A Quick Stop at the HostileShop
In this talk, I will give you an overview of LLM Agent hacking. I will briefly introduce LLM Agents, their vulnerability surface, and types of attacks. Because everything old is new again, I will draw some parallels to the 90s hacking scene.
I will then present HostileShop, which is a python-based LLM Agent security testing tool that was selected as one of the ten prize winners in OpenAI's GPT-OSS-20B RedTeam Contest.
HostileShop creates a fully simulated web shopping environment where an Attacker Agent LLM attempts to manipulate a Target Shopping Agent LLM into performing unauthorized actions that are automatically detected by the framework.
HostileShop is best at discovering prompt injections that induce LLM Agents to make improper "tool calls". In other words, HostileShop finds the magic spells that make LLM Agents call functions that they have available to them, often with the specific input of your choice.
HostileShop is also capable of enhancement and mutation of "universal" jailbreaks. This allows cross-LLM adaptation of universal jailbreaks that are powerful enough to make the target LLM become fully under your control, for arbitrary actions. This also enables public jailbreaks that have been partially blocked to work again, until they are more comprehensively addressed.

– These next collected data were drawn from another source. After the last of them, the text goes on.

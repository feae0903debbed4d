-- ===== src/Tunnel/Steps.antt =====
-- One event in either direction: it takes the next frame, or delivers nothing.
use echo_proxy_core.Base.{
  ℕ, ◌≡◌, refl, sym, ap, ◌∙◌, subst, ◌⊎◌, inl, inr, Bool, true, some, List, Bytes, Bool-cases,
  Option-cases, get_elem?, All,
}
use echo_proxy_core.Frame.{Frame, IsFrame}
use echo_proxy_core.Session.{Delivery}
use echo_proxy_core.Session.Table.{lookup}
use echo_proxy_core.Client.Pool
use echo_proxy_core.Client.Pool.{Pool, call_of}
use echo_proxy_core.Tunnel.{
  Tunnel, Event, spawned, moves, up_taken, down_taken, up_ends, down_ends, writer_stops, closes,
  clears_acks, ack_sent, server_writer_ended, tcp_read, tcp_ended, relay_left, is_reading, take_up,
  take_down, step,
}
use echo_proxy_core.Tunnel.Flow.{payloads_to}
use echo_proxy_core.Tunnel.Exact.{Exact, Exact-send, Exact-more, server-payloads, client-payloads}
use echo_proxy_core.Tunnel.ServerEnd
use echo_proxy_core.Tunnel.ServerEnd.{Grown, step-Grown, step-delivered, IsOther}
use echo_proxy_core.Tunnel.ClientEnd
use echo_proxy_core.Tunnel.ClientEnd.{
  ends-IsSame, writer_ended-IsSame, keeper_closed-IsSame, acks_cleared-IsSame, perform-IsSame,
}
use echo_proxy_core.Tunnel.Flowing.{All-get_elem?, reading_of, Flowing}

-- From the client to the server, or from the server to the client.
pub data Way : Type 0 where
  up : Way
  down : Way

abbrev pub delivered_on : Way → Tunnel → List (Delivery ℕ)
delivered_on up t = t.server.delivered
delivered_on down t = t.pool.conn.delivered

abbrev pub sent_on : Way → Tunnel → List Frame
sent_on up t = t.sent_up
sent_on down t = t.server.outbox

abbrev pub taken_on : Way → Tunnel → ℕ
taken_on up t = t.taken_up
taken_on down t = t.taken_down

-- The receiving end has the stream's channel, and on the client its reader runs.
abbrev pub IsOpen : Way → ℕ → Tunnel → Type 0
IsOpen up id t = lookup id t.server.registry.inner ≡ some id
IsOpen down id t = (lookup id t.pool.conn.registry.inner ≡ some id) × (t.pool.conn.reading ≡ true)

abbrev pub IsExact : Way → ℕ → List Bytes → ℕ → Tunnel → Type 0
IsExact way id before from t =
    Exact id before from (delivered_on way t) (sent_on way t) (taken_on way t)

-- One step at a time: the sends grow, and what is delivered is as before.
pub Exact-kept :
    (id from : ℕ) (before : List Bytes) (ds ds' : List (Delivery ℕ)) (sent sent' : List Frame)
    (k : ℕ)
    → ds' ≡ ds
    → Grown sent sent'
    → Exact id before from ds sent k
    → Exact id before from ds' sent' k
Exact-kept id from before ds ds' sent sent' k d (new, p) v =
    subst (λ l. Exact id before from l sent' k) (sym d)
      (subst (λ l. Exact id before from ds l k) (sym p) (Exact-send id from before ds sent new k v))

pub up_taken-down :
    (connected : Bool) (t : Tunnel)
    → ((take_up connected t).pool ≡ t.pool) × ((take_up connected t).taken_down ≡ t.taken_down)
unfolding take_up
up_taken-down connected t = elim (Option-cases (get_elem? t.sent_up t.taken_up)) [
  | inl e ↦ rw (take_up, e) (refl, refl)
  | inr (f, e) ↦ elim (Bool-cases (is_reading t.server.reader)) [
    | inl r ↦ rw (take_up, e, r) (refl, refl)
    | inr r ↦ rw (take_up, e, r) (refl, refl)
  ]
]

pub up_taken-Exact :
    (id from : ℕ) (before : List Bytes) (connected : Bool) (t : Tunnel)
    → All IsFrame t.sent_up
    → Flowing t
    → IsOpen up id t
    → IsExact up id before from t
    → IsExact up id before from (take_up connected t)
unfolding take_up
up_taken-Exact id from before connected t a v o x =
    elim (Option-cases (get_elem? t.sent_up t.taken_up)) [
      | inl e ↦ rw (take_up, e) x
      | inr (f, e) ↦ elim (Bool-cases (is_reading t.server.reader)) [
        | inl r ↦
            let p =
              ServerEnd.step-taken f connected t.server (reading_of t.server.reader r)
                (All-get_elem? t.sent_up t.taken_up f e a) in
            rw (take_up, e, r)
              (Exact-more id from before t.server.delivered _ t.sent_up t.taken_up f e
                (ap (λ s. payloads_to id s.delivered) p
                  ∙ server-payloads id f connected t.server v.up.keys o)
                x)
        | inr r ↦ rw (take_up, e, r) x
      ]
    ]

module _ (should_bypass : Bytes → ℕ → Bool) where
  down_taken-up :
      (t : Tunnel)
      → ((take_down should_bypass t).server ≡ t.server)
        × ((take_down should_bypass t).taken_up ≡ t.taken_up)
  unfolding take_down
  down_taken-up t = elim (Option-cases (get_elem? t.server.outbox t.taken_down)) [
    | inl e ↦ rw (take_down, e) (refl, refl)
    | inr (f, e) ↦ rw (take_down, e) (refl, refl)
  ]

  pub down_taken-Exact :
      (id from : ℕ) (before : List Bytes) (t : Tunnel)
      → All IsFrame t.server.outbox
      → Flowing t
      → IsOpen down id t
      → IsExact down id before from t
      → IsExact down id before from (take_down should_bypass t)
  unfolding take_down Pool.step
  down_taken-Exact id from before t a v o x =
      elim (Option-cases (get_elem? t.server.outbox t.taken_down)) [
        | inl e ↦ rw (take_down, e) x
        | inr (f, e) ↦
            let p =
              ClientEnd.step-taken f t.pool.conn o.1
                (All-get_elem? t.server.outbox t.taken_down f e a) in
            rw (take_down, e)
              (Exact-more id from before t.pool.conn.delivered _ t.server.outbox t.taken_down f e
                (ap (λ c. payloads_to id c.delivered) p
                  ∙ client-payloads id f t.pool.conn v.down.keys o.0)
                x)
      ]

  pub step-up :
      (e : Event) (t : Tunnel)
      → ((connected : Bool) × (e ≡ up_taken connected))
        ⊎ (((step should_bypass e t).server.delivered ≡ t.server.delivered)
            × ((step should_bypass e t).taken_up ≡ t.taken_up))
  unfolding step
  step-up (up_taken connected) t = inl (connected, refl)
  step-up down_taken t = inr (ap (λ s. s.delivered) (down_taken-up t).0, (down_taken-up t).1)
  step-up (spawned id job) t = inr (refl, refl)
  step-up (moves n answer) t = inr (refl, refl)
  step-up down_ends t = inr (refl, refl)
  step-up writer_stops t = inr (refl, refl)
  step-up closes t = inr (refl, refl)
  step-up clears_acks t = inr (refl, refl)
  step-up up_ends t = inr (step-delivered _ t.server tt, refl)
  step-up ack_sent t = inr (step-delivered _ t.server tt, refl)
  step-up server_writer_ended t = inr (step-delivered _ t.server tt, refl)
  step-up (tcp_read id bytes) t = inr (step-delivered _ t.server tt, refl)
  step-up (tcp_ended id) t = inr (step-delivered _ t.server tt, refl)
  step-up (relay_left id) t = inr (step-delivered _ t.server tt, refl)

  pub step-down :
      (e : Event) (t : Tunnel)
      → (e ≡ down_taken)
        ⊎ (((step should_bypass e t).pool.conn.delivered ≡ t.pool.conn.delivered)
            × ((step should_bypass e t).taken_down ≡ t.taken_down))
  unfolding step Pool.step
  step-down down_taken t = inl refl
  step-down (up_taken connected) t =
      inr (ap (λ p. p.conn.delivered) (up_taken-down connected t).0, (up_taken-down connected t).1)
  step-down (moves n answer) t =
      inr ((perform-IsSame (call_of n t.pool.running) t.pool.conn).0, refl)
  step-down down_ends t = inr ((ends-IsSame t.pool.conn).0, refl)
  step-down writer_stops t = inr ((writer_ended-IsSame t.pool.conn).0, refl)
  step-down closes t = inr ((keeper_closed-IsSame t.pool.conn).0, refl)
  step-down clears_acks t = inr ((acks_cleared-IsSame t.pool.conn).0, refl)
  step-down _ t = inr (refl, refl)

For 1990s hacking vibes, HostileShop has a text-based chat interface that lets you chat with the attacker agent, or become the attacker yourself.
For 2025 contrarian vibes (in some circles), HostileShop was vibe coded without an ounce of shame. Basically, I used LLMs to write a framework to have LLMs attack other LLMs. Crucially however, for reasons that I will explain in the talk, HostileShop does not use an LLM to judge attack success. Instead, success is determined automatically and immediately by the framework.
At the time of this writing, HostileShop has working attack examples for the entire LLM frontier, though things move very fast in this arena.
There is a chance that by the time of the conference, all of the attacks that HostileShop is capable of discovering will have been fixed. In this case, the talk will focus on the current state of LLM security, the future of private Agentic AI, and either some thoughts on how to avoid complete dystopia, or amusing rants about the dystopia that has already arrived.